WORK REQUIRED
Go through the records and extract every line with the word "found".

Stored dataset items:
-- ===== src/Tests/Input.antt =====
-- The building of a message of two elements (`create_message_t`, `set_element_data_message_t`).
use mmt_security.Prelude.{ℕ, ◌≡◌, refl, some, Option, List, [], ◌∷◌, arith, Run, ok, ◌>>=◌, Ensures}
use mmt_security.Attribute.{hash_proto_attribute, hash_from}
use mmt_security.Input.{
  byte, Draft, Status, msg_continue, create_message, write, take_bytes, is_zero_double,
  is_unset_flag, store_data, set_element_data, read_bytes, read_segment, get_element_data,
}
use mmt_security.Input.Stored.{IsDraft, create_message-IsDraft}
use mmt_security.Input.Reading.{IsAssigned, set_element_data-IsAssigned}
use mmt_security.Tests.Engine.{registered}

abbrev empty_message : Draft
empty_message = create_message registered 64 (λ p. byte 7)

-- The number 1 as a double.
abbrev one : List ℕ
one = 0 ∷ 0 ∷ 0 ∷ 0 ∷ 0 ∷ 0 ∷ 240 ∷ 63 ∷ []

-- The number 0 as a double.
abbrev zero_double : List ℕ
zero_double = 0 ∷ 0 ∷ 0 ∷ 0 ∷ 0 ∷ 0 ∷ 0 ∷ 0 ∷ []

abbrev set_flag : List ℕ → Draft → Run (Draft × Status)
set_flag value d = set_element_data registered d 354 6 (some value) 0 8

building : Unit {0}
unfolding hash_proto_attribute hash_from create_message write take_bytes is_zero_double
    is_unset_flag store_data set_element_data read_bytes read_segment get_element_data
building = tt

abbrev read_both : Run (ℕ × Option (List ℕ) × Option (List ℕ))
read_both = do
  (d, status) ← set_element_data registered empty_message 178 12 (some (10 ∷ 0 ∷ 0 ∷ 1 ∷ [])) 2 4
  (d', status') ← set_flag one d
  first ← get_element_data d' 1
  second ← get_element_data d' 2
  ok (d'.hash, first, second)

-- An address and a flag are read back, and the mask tells of both.
both_read : read_both ≡ ok (6, some (10 ∷ 0 ∷ 0 ∷ 1 ∷ []), some one)
unfolding building
both_read = refl

-- A flag that is not set leaves the message as it is.
unset_flag : set_flag zero_double empty_message ≡ ok (empty_message, msg_continue)
unfolding building
unset_flag = refl

registered_flag : hash_proto_attribute registered 354 6 ≡ ok 2
unfolding building
registered_flag = refl

set_element_data-IsAssigned_example : Ensures (set_flag one empty_message) λ (d, status).
    IsDraft registered d × IsAssigned empty_message 2 one (is_unset_flag 354 6 0 one) d status
set_element_data-IsAssigned_example =
    set_element_data-IsAssigned registered empty_message 354 6 0 2 one
      (create_message-IsDraft registered 64 (λ p. byte 7)) registered_flag (omega arith)
      (omega arith) (λ e. omega arith)
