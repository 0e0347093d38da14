-- ===== src/Tests/Map.antt =====
-- A map of three keys, and the theorems about maps at it.
use mmt_security.Prelude.{ℕ, ◌≡◌, refl, none, some, [], ◌∷◌, true, false, length, ok, Ensures}
use mmt_security.Map.{
  Map, map_init, set_node, set_data, get_data, get_index, convert_to_array, map_clone, node_iterate,
  map_iterate, to_update,
}
use mmt_security.Map.Order.{compare_uint64_t, compare_uint64_t-IsOrder}
use mmt_security.Map.Lookup.{stored, returned, get_data-set_data}
use mmt_security.Map.Listing.{IsMap, entries, put_entry, map_init-IsMap, set_data-IsMap}
use mmt_security.Map.Places.{IsPlace, get_index-convert_to_array}
use mmt_security.Map.Clones.{get_data-map_clone}

abbrev one_key : Map ℕ ℕ
one_key = (set_data compare_uint64_t map_init 5 (some 50) false).1

abbrev two_keys : Map ℕ ℕ
two_keys = (set_data compare_uint64_t one_key 3 (some 30) false).1

abbrev three_keys : Map ℕ ℕ
three_keys = (set_data compare_uint64_t two_keys 8 (some 80) false).1

three_keys-IsMap : IsMap compare_uint64_t three_keys
three_keys-IsMap =
    let o = compare_uint64_t-IsOrder in
    let one =
      (set_data-IsMap compare_uint64_t o map_init 5 50 false
        (map_init-IsMap compare_uint64_t o)).0 in
    let two = (set_data-IsMap compare_uint64_t o one_key 3 30 false one).0 in
    (set_data-IsMap compare_uint64_t o two_keys 8 80 false two).0

in_order : convert_to_array three_keys ≡ ok (some 30 ∷ some 50 ∷ some 80 ∷ [])
unfolding convert_to_array map_iterate node_iterate to_update set_data set_node map_init
    compare_uint64_t
in_order = refl

-- Keys are counted also if their data is null, and then again when they are set again.
counted_twice :
    (set_data {V = ℕ} compare_uint64_t
      (set_data {V = ℕ} compare_uint64_t map_init 5 none true).1
      5
      none
      true).1.size
    ≡ 2
unfolding set_data set_node map_init compare_uint64_t
counted_twice = refl

get_data-set_data_example :
    (get_data compare_uint64_t (set_data compare_uint64_t three_keys 3 (some 31) true).1 3
      ≡ stored (get_data compare_uint64_t three_keys 3) 31 true)
    × ((set_data compare_uint64_t three_keys 3 (some 31) true).0
        ≡ returned (get_data compare_uint64_t three_keys 3) 31 true)
unfolding compare_uint64_t
get_data-set_data_example =
    get_data-set_data compare_uint64_t compare_uint64_t-IsOrder three_keys 3 3 31 true
      three_keys-IsMap.filled

set_data-IsMap_example :
    IsMap compare_uint64_t (set_data compare_uint64_t three_keys 4 (some 40) false).1
    × (entries (set_data compare_uint64_t three_keys 4 (some 40) false).1.root
        ≡ put_entry compare_uint64_t 4 40 false (entries three_keys.root))
set_data-IsMap_example =
    set_data-IsMap compare_uint64_t compare_uint64_t-IsOrder three_keys 4 40 false three_keys-IsMap

get_index-convert_to_array_example : Ensures (convert_to_array three_keys) λ array.
    (length array ≡ three_keys.size)
    × IsPlace array 0
        (get_index compare_uint64_t three_keys 8)
        (get_data compare_uint64_t three_keys 8)
get_index-convert_to_array_example =
    get_index-convert_to_array compare_uint64_t compare_uint64_t-IsOrder three_keys 8
      three_keys-IsMap

get_data-map_clone_example :
    (get_data compare_uint64_t (map_clone compare_uint64_t three_keys) 5
      ≡ get_data compare_uint64_t three_keys 5)
    × ((map_clone compare_uint64_t three_keys).size ≡ three_keys.size)
get_data-map_clone_example =
    get_data-map_clone compare_uint64_t compare_uint64_t-IsOrder three_keys 5 three_keys-IsMap
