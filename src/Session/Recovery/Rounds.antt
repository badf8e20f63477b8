-- ===== src/Session/Recovery/Rounds.antt =====
-- The steps in which two sessions close a gap, on the states that they lead to.
use crocofix.Base.{
  ℕ, ◌+◌, ◌%◌, ◌≤◌, ◌<◌, ◌≡◌, refl, sym, ap, subst, ◌∙◌, true, false, none, some, List, [], ◌∷◌,
  arith, ◌==◌,
}
use crocofix.Base.Bytes.{Bytes, bytes_eq, to_string, int_max, u32_mod}
use crocofix.Base.Exec.{Result, ok, ◌>>=◌}
use crocofix.Tags
use crocofix.Field.{field, try_get, get_bool}
use crocofix.Message.{Message, message, of_fields, msg_type, msg_seq_num, poss_dup_flag}
use crocofix.Session.State.{Session, Env, resending, logged_on, is_state}
use crocofix.Session.Handler.{
  check_sequence, dispatch_rest, dispatch, process_in_sequence, process_typed, process_message,
}
use crocofix.Session.Numbers.{sent_out}
use crocofix.Session.Delivery.{IsApplication, valid_numbers, advanced}
use crocofix.Session.Recovery.Stamps.{written_messages, Arrives, stoi_u32-to_string}
use crocofix.Session.Recovery.Request.{
  after_send, request-Asks, request_fields, recovering, requested, gap-requested,
}
use crocofix.Session.Recovery.Answer.{Answered, process_resend_request-Answered}
use crocofix.Session.Recovery.Filled.{Closed, gap_fill-Closed, probe_fields}
use crocofix.Session.Handshake.Logons.{next}
use crocofix.Session.Handshake.Arrivals.{process_message-typed}
use crocofix.Session.Handshake.Contents.{probe-Identified, beat-Identified}
use crocofix.Session.Handshake.Probes.{heartbeat_fields, probe-answered, On}
use crocofix.Session.Recovery.Logon.{heartbeat_answer}

-- One session behind the other: `n` is a number past the one that the first expects, which the second has used.
pub record Lags (n : ℕ) (a b : Session) : Type 0 where
  pub not_resending : is_state a.state resending ≡ false
  pub by_gap_fill : a.options.use_next_expected_msg_seq_num ≡ false
  pub ahead : a.incoming_msg_seq_num < n
  pub used : n < b.outgoing_msg_seq_num
  pub in_step : b.incoming_msg_seq_num ≡ a.outgoing_msg_seq_num
  pub delayed : (b.options.test_request_delay == 0) ≡ false
  pub small_a : a.outgoing_msg_seq_num + 1 ≤ int_max
  pub small_b : b.outgoing_msg_seq_num ≤ int_max

abbrev pub newest : List Message → Message
newest [] = of_fields []
newest (m ∷ ms) = m

-- The message that a session handed to its writer last.
abbrev pub newest_written : Session → Message
newest_written s = newest (written_messages s.events)

-- The session took one message more to its writer.
abbrev pub HandedOne : Session → Session → Type 0
HandedOne s t = written_messages t.events ≡ newest_written t ∷ written_messages s.events

module _ (env : Env) where
  pub ahead-requested :
      (m : Message) (t : Bytes) (n : ℕ) (s : Session)
      → IsApplication t
      → poss_dup_flag m ≡ ok false
      → msg_seq_num m ≡ ok n
      → is_state s.state resending ≡ false
      → s.incoming_msg_seq_num < n
      → process_typed env m t s ≡ (ok tt, requested env n s)
  unfolding process_typed process_in_sequence check_sequence ◌>>=◌
  ahead-requested m t n s a p h e l = simp (p, a.reset, a.logon, gap-requested env m n s e h l) refl

  -- The peer's side, for the request as it arrives.
  answered :
      (m : Message) (from to : ℕ) (s : Session)
      → try_get Tags.poss_dup_flag m.fields ≡ none
      → msg_seq_num m ≡ ok s.incoming_msg_seq_num
      → try_get Tags.begin_seq_no m.fields ≡ some (field Tags.begin_seq_no (to_string from))
      → try_get Tags.end_seq_no m.fields ≡ some (field Tags.end_seq_no (to_string to))
      → from ≤ int_max
      → to ≤ int_max
      → (s.options.test_request_delay == 0) ≡ false
      → Answered env from
          (record s { incoming_msg_seq_num = (s.incoming_msg_seq_num + 1) % u32_mod })
          (process_typed env m Tags.resend_request s).1
  unfolding process_typed process_in_sequence check_sequence dispatch dispatch_rest bytes_eq
      poss_dup_flag get_bool ◌>>=◌
  answered m from to s p n b e l k d =
      simp (p, valid_numbers env m s n, advanced env m s.incoming_msg_seq_num s n)
        (process_resend_request-Answered env m _ _ from to _ b e (stoi_u32-to_string from l)
          (stoi_u32-to_string to k) d)

-- The gap is closed: a request, a gap fill without a number of its own, a TestRequest and a Heartbeat went
-- out, one in each step, each session expects the number that the other one uses next, and the first
-- is logged on.
pub record Recovered (a b a1 b1 a2 b2 a3 : Session) : Type 0 where
  pub asked : HandedOne a a1
  pub filled : HandedOne b b1
  pub probed : HandedOne a1 a2
  pub answered : HandedOne b1 b2
  pub kept : b1.outgoing_msg_seq_num ≡ b.outgoing_msg_seq_num
  pub incoming : a3.incoming_msg_seq_num ≡ b2.outgoing_msg_seq_num
  pub outgoing : b2.incoming_msg_seq_num ≡ a3.outgoing_msg_seq_num
  pub on : a3.state ≡ logged_on

typed-by :
    {w m : Message} (t : Bytes)
    → Arrives w m
    → try_get Tags.msg_type w.fields ≡ some (field Tags.msg_type t)
    → msg_type m ≡ ok t
unfolding msg_type
typed-by t x h = rw (x.found Tags.msg_type refl refl ∙ h) refl

pub stepped : (P : Session → Type 0) {x y : Result (Unit {0}) × Session} → x ≡ y → P y.1 → P x.1
stepped P e h = subst (λ (x : Result (Unit {0}) × Session). P x.1) (sym e) h

abbrev after : ℕ → ℕ
after n = (n + 1) % u32_mod

-- The steps behind the first, for the request as it was sent.
module _ (env_a env_b : Env) (a b : Session) (n : ℕ) (request fill probe beat : Message)
    (g : Lags n a b) where
  abbrev a1 : Session
  a1 = requested env_a n a

  abbrev b1 : Session
  b1 = (process_message env_b request b).1

  abbrev a2 : Session
  a2 = (process_message env_a fill a1).1

  abbrev b2 : Session
  b2 = (process_message env_b probe b1).1

  abbrev a3 : Session
  a3 = (process_message env_a beat a2).1

  abbrev id : ℕ
  id = a.next_test_request_id

  abbrev beating : Session
  beating = after_send env_b (heartbeat_fields (to_string id)) (next b1)

  from_small : a.incoming_msg_seq_num < b.outgoing_msg_seq_num
  from_small = omega (arith, g.ahead, g.used)

  peer-Answered :
      Arrives
        (sent_out env_a (message true (request_fields a.incoming_msg_seq_num n)) (recovering n a))
        request
      → Answered env_b a.incoming_msg_seq_num
          (record b { incoming_msg_seq_num = after b.incoming_msg_seq_num })
          b1
  unfolding msg_seq_num
  peer-Answered x =
      let q = request-Asks env_a a.incoming_msg_seq_num n (recovering n a) in
      stepped
        (Answered env_b a.incoming_msg_seq_num
          (record b { incoming_msg_seq_num = after b.incoming_msg_seq_num }))
        (process_message-typed env_b request Tags.resend_request b (typed-by _ x q.typed))
        (answered env_b request a.incoming_msg_seq_num n b
          (x.found Tags.poss_dup_flag refl refl ∙ q.original)
          (rw (x.found Tags.msg_seq_num refl refl ∙ q.numbered) (
            stoi_u32-to_string a.outgoing_msg_seq_num (omega (arith, g.small_a))
            ∙ ap ok (sym g.in_step)))
          (x.found Tags.begin_seq_no refl refl ∙ q.begins)
          (x.found Tags.end_seq_no refl refl ∙ q.ends) (omega (arith, from_small, g.small_b))
          (omega (arith, g.used, g.small_b)) g.delayed)

  module _
      (s : Answered env_b a.incoming_msg_seq_num
        (record b { incoming_msg_seq_num = after b.incoming_msg_seq_num })
        b1) where
    fill-Closed : Arrives s.gap_filler fill → Closed env_a b.outgoing_msg_seq_num a1 a2
    fill-Closed y =
        stepped (Closed env_a b.outgoing_msg_seq_num a1)
          (process_message-typed env_a fill Tags.sequence_reset a1 (typed-by _ y s.fills.typed))
          (gap_fill-Closed env_a s.gap_filler fill a.incoming_msg_seq_num b.outgoing_msg_seq_num a1
            s.fills y refl from_small g.small_b refl g.by_gap_fill (omega (arith, g.used)))

    module _ (c : Closed env_a b.outgoing_msg_seq_num a1 a2) where
      probe-taken :
          Arrives (sent_out env_a (message true (probe_fields id)) c.asking) probe
          → process_message env_b probe b1 ≡ (ok tt, beating)
      probe-taken z =
          let small : c.asking.outgoing_msg_seq_num ≤ int_max =
            omega (arith, c.asked_as, g.small_a) in
          let i =
            probe-Identified env_a id probe c.asking b1.incoming_msg_seq_num z small
              (s.incoming ∙ ap after g.in_step ∙ sym c.asked_as) in
          process_message-typed env_b probe Tags.test_request b1 i.typed
          ∙ probe-answered env_b probe (to_string id) b1 i.original i.numbered i.identified

      beat-taken :
          Arrives (sent_out env_b (message true (heartbeat_fields (to_string id))) (next b1)) beat
          → On env_a a2 a3
      beat-taken z =
          let i =
            beat-Identified env_b (to_string id) beat (next b1) a2.incoming_msg_seq_num z
              (omega (arith, s.outgoing, g.small_b)) (c.incoming ∙ sym s.outgoing) in
          stepped (On env_a a2) (process_message-typed env_a beat Tags.heartbeat a2 i.typed) (
            heartbeat_answer env_a beat id a2 i.original i.numbered i.identified c.state c.expected)

  pub recovered :
      Arrives (newest_written a1) request
      → Arrives (newest_written b1) fill
      → Arrives (newest_written a2) probe
      → Arrives (newest_written b2) beat
      → Recovered a b a1 b1 a2 b2 a3
  unfolding written_messages
  recovered x y z u =
      let s = peer-Answered x in
      let e : newest_written b1 ≡ s.gap_filler = ap newest s.handed in
      let c : Closed env_a b.outgoing_msg_seq_num a1 a2 =
        fill-Closed s (subst (λ (w : Message). Arrives w fill) e y) in
      let f : newest_written a2 ≡ sent_out env_a (message true (probe_fields id)) c.asking =
        ap newest c.handed in
      let h : b2 ≡ beating =
        ap (λ (r : Result (Unit {0}) × Session). r.1)
          (probe-taken s c (subst (λ (w : Message). Arrives w probe) f z)) in
      let o : On env_a a2 a3 =
        beat-taken s c (subst (λ (t : Session). Arrives (newest_written t) beat) h u) in
      record {
        asked = refl;
        filled = s.handed ∙ ap (λ (w : Message). w ∷ written_messages b.events) (sym e);
        probed = c.handed ∙ ap (λ (w : Message). w ∷ written_messages a1.events) (sym f);
        answered = subst (λ (t : Session). HandedOne b1 t) (sym h) refl;
        kept = s.outgoing;
        incoming =
            o.incoming
            ∙ ap after (c.incoming ∙ sym s.outgoing)
            ∙ sym (ap (λ (t : Session). t.outgoing_msg_seq_num) h);
        outgoing =
            ap (λ (t : Session). t.incoming_msg_seq_num) h
            ∙ ap after (s.incoming ∙ ap after g.in_step)
            ∙ sym (o.outgoing ∙ c.outgoing);
        on = o.on;
      }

TASK ANSWER
typed-by t x h = rw (x.found Tags.msg_type refl refl ∙ h) refl
          (x.found Tags.poss_dup_flag refl refl ∙ q.original)
          (rw (x.found Tags.msg_seq_num refl refl ∙ q.numbered) (
          (x.found Tags.begin_seq_no refl refl ∙ q.begins)
          (x.found Tags.end_seq_no refl refl ∙ q.ends) (omega (arith, from_small, g.small_b))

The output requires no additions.